Task details
The expected answer is every line from the material below that has the word "elim".

Records for processing Start Marker

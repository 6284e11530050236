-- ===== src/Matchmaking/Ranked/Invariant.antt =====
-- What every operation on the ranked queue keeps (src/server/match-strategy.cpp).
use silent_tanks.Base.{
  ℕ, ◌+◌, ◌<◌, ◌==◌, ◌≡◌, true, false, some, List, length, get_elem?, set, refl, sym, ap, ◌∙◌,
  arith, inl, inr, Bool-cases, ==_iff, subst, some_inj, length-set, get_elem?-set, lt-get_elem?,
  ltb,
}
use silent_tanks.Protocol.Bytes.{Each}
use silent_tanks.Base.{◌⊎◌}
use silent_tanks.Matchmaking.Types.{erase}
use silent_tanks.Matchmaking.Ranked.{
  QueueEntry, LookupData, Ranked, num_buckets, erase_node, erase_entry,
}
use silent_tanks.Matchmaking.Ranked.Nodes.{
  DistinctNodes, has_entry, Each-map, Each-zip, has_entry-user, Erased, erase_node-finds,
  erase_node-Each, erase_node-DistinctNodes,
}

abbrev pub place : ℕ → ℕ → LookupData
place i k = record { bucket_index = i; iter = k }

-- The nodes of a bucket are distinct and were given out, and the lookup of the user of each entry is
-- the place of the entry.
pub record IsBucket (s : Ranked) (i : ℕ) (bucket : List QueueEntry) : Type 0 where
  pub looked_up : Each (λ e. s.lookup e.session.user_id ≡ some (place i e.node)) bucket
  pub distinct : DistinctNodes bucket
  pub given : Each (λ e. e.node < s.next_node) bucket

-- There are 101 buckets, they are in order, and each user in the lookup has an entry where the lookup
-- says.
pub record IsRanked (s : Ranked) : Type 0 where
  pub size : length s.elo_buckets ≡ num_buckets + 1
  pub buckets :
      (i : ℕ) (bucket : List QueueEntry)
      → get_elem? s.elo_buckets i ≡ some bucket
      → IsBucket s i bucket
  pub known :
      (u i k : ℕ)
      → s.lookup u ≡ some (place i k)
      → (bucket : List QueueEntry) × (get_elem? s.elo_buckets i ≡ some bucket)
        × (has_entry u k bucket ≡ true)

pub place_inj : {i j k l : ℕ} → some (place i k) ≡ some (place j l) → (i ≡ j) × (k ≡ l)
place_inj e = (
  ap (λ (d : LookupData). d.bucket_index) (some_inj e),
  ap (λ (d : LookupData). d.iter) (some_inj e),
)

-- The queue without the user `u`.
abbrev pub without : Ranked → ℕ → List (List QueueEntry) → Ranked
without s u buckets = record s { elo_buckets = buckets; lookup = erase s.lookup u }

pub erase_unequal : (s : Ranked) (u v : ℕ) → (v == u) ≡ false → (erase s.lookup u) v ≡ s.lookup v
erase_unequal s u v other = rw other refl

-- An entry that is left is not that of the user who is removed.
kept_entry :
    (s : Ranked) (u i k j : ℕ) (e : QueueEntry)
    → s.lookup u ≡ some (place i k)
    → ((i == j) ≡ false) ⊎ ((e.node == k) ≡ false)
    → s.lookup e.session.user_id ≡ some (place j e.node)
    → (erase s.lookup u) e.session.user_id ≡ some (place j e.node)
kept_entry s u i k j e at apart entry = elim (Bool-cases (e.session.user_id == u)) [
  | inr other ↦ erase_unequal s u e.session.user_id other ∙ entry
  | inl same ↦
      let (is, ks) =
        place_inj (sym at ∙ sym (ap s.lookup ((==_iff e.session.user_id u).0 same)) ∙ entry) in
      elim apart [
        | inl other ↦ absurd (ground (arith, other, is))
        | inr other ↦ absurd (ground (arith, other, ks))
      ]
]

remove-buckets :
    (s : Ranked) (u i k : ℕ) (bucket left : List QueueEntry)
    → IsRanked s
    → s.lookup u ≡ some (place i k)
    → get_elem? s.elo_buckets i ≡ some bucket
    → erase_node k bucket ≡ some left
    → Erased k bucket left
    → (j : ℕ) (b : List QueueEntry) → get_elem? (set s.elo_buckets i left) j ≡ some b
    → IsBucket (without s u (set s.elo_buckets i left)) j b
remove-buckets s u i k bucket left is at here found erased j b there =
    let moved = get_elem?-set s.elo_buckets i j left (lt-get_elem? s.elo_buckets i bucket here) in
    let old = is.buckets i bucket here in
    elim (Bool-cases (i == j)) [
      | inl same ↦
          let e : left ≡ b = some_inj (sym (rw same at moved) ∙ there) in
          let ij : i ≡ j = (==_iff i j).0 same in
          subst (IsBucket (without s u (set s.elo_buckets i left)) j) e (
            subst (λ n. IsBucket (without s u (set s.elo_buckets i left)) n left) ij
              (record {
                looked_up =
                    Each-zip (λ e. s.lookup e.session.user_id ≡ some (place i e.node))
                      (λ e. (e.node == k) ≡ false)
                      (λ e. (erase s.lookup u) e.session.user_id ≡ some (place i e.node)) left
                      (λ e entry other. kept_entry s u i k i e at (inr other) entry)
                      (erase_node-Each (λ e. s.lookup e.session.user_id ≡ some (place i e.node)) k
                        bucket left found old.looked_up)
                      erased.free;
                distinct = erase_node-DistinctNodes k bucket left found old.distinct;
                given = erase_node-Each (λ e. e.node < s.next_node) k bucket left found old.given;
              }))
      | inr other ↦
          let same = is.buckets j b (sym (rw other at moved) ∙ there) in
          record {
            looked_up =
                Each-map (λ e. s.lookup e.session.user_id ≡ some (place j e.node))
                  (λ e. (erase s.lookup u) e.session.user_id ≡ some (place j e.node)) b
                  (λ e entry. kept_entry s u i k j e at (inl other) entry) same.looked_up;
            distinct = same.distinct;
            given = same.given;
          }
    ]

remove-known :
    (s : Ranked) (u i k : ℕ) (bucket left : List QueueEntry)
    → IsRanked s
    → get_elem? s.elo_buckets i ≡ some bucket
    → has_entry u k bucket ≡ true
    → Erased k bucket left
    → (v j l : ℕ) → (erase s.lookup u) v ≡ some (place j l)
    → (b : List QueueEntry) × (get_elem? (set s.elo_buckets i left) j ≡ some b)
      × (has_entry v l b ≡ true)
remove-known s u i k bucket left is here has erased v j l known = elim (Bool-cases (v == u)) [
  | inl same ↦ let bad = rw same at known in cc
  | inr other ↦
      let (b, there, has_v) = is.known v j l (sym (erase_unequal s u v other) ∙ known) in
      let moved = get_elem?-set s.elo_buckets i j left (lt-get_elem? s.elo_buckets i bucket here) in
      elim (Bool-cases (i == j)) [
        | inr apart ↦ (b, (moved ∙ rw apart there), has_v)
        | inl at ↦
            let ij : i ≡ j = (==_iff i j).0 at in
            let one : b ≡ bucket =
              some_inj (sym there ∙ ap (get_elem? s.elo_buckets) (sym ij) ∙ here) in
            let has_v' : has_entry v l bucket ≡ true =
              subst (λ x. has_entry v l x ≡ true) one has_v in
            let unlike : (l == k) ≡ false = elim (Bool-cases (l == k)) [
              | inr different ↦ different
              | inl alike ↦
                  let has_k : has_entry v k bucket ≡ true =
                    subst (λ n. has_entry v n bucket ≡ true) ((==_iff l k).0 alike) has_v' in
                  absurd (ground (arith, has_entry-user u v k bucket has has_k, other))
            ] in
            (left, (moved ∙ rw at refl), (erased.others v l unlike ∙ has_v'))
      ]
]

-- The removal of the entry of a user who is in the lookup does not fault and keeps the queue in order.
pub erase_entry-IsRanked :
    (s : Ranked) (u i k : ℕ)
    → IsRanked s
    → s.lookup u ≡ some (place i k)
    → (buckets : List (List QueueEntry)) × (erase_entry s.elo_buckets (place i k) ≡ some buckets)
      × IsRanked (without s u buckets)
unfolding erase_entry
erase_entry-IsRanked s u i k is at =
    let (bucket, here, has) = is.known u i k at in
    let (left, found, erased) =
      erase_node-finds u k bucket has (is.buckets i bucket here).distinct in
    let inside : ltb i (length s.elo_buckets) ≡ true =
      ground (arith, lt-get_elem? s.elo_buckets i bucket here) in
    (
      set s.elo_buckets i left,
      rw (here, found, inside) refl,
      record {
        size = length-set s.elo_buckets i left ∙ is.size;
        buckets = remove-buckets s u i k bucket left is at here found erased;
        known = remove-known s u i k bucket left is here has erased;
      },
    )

Records for processing End Marker

Exercise answer
kept_entry s u i k j e at apart entry = elim (Bool-cases (e.session.user_id == u)) [
      elim apart [
    elim (Bool-cases (i == j)) [
remove-known s u i k bucket left is here has erased v j l known = elim (Bool-cases (v == u)) [
      elim (Bool-cases (i == j)) [
            let unlike : (l == k) ≡ false = elim (Bool-cases (l == k)) [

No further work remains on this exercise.